◆ PROBLEM DESCRIPTION:
Every line of the data, first to last, must be written out unchanged.

______________________________

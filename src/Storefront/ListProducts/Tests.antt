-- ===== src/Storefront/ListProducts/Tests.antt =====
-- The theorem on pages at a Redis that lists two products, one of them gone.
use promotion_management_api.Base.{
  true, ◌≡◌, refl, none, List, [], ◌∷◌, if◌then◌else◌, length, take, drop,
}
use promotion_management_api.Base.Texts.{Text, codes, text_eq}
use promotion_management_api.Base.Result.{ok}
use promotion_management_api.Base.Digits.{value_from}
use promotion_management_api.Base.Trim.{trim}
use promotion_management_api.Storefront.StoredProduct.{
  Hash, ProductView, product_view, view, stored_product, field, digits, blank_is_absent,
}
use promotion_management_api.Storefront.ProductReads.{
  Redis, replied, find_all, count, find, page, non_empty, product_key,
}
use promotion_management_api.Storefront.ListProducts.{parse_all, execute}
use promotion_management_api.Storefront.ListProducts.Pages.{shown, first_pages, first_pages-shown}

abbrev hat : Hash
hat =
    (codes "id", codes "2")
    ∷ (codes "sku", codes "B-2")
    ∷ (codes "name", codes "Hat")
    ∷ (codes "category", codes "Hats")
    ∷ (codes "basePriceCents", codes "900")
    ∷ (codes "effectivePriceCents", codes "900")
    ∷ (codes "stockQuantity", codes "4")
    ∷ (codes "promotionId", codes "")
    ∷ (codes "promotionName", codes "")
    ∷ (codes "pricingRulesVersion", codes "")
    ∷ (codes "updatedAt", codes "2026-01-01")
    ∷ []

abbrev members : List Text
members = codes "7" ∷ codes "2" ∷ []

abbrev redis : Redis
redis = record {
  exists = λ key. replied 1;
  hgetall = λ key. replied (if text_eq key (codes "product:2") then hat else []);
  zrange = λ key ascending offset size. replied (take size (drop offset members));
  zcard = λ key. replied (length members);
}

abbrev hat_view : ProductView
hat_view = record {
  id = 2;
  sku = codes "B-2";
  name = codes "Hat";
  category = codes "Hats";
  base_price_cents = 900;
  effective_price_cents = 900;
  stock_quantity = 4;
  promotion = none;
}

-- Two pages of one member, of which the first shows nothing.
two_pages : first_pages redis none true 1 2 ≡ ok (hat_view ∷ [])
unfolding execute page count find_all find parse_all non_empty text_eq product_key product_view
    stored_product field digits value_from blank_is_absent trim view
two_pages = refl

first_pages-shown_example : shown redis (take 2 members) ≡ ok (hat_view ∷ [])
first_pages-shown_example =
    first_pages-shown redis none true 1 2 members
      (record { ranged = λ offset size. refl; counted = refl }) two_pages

______________________________

◆ ANSWER BOX:
filename src/Storefront/ListProducts/Tests.antt
-- ===== src/Storefront/ListProducts/Tests.antt =====
-- The theorem on pages at a Redis that lists two products, one of them gone.
use promotion_management_api.Base.{
  true, ◌≡◌, refl, none, List, [], ◌∷◌, if◌then◌else◌, length, take, drop,
}
use promotion_management_api.Base.Texts.{Text, codes, text_eq}
use promotion_management_api.Base.Result.{ok}
use promotion_management_api.Base.Digits.{value_from}
use promotion_management_api.Base.Trim.{trim}
use promotion_management_api.Storefront.StoredProduct.{
  Hash, ProductView, product_view, view, stored_product, field, digits, blank_is_absent,
}
use promotion_management_api.Storefront.ProductReads.{
  Redis, replied, find_all, count, find, page, non_empty, product_key,
}
use promotion_management_api.Storefront.ListProducts.{parse_all, execute}
use promotion_management_api.Storefront.ListProducts.Pages.{shown, first_pages, first_pages-shown}

abbrev hat : Hash
hat =
    (codes "id", codes "2")
    ∷ (codes "sku", codes "B-2")
    ∷ (codes "name", codes "Hat")
    ∷ (codes "category", codes "Hats")
    ∷ (codes "basePriceCents", codes "900")
    ∷ (codes "effectivePriceCents", codes "900")
    ∷ (codes "stockQuantity", codes "4")
    ∷ (codes "promotionId", codes "")
    ∷ (codes "promotionName", codes "")
    ∷ (codes "pricingRulesVersion", codes "")
    ∷ (codes "updatedAt", codes "2026-01-01")
    ∷ []

abbrev members : List Text
members = codes "7" ∷ codes "2" ∷ []

abbrev redis : Redis
redis = record {
  exists = λ key. replied 1;
  hgetall = λ key. replied (if text_eq key (codes "product:2") then hat else []);
  zrange = λ key ascending offset size. replied (take size (drop offset members));
  zcard = λ key. replied (length members);
}

abbrev hat_view : ProductView
hat_view = record {
  id = 2;
  sku = codes "B-2";
  name = codes "Hat";
  category = codes "Hats";
  base_price_cents = 900;
  effective_price_cents = 900;
  stock_quantity = 4;
  promotion = none;
}

-- Two pages of one member, of which the first shows nothing.
two_pages : first_pages redis none true 1 2 ≡ ok (hat_view ∷ [])
unfolding execute page count find_all find parse_all non_empty text_eq product_key product_view
    stored_product field digits value_from blank_is_absent trim view
two_pages = refl

first_pages-shown_example : shown redis (take 2 members) ≡ ok (hat_view ∷ [])
first_pages-shown_example =
    first_pages-shown redis none true 1 2 members
      (record { ranged = λ offset size. refl; counted = refl }) two_pages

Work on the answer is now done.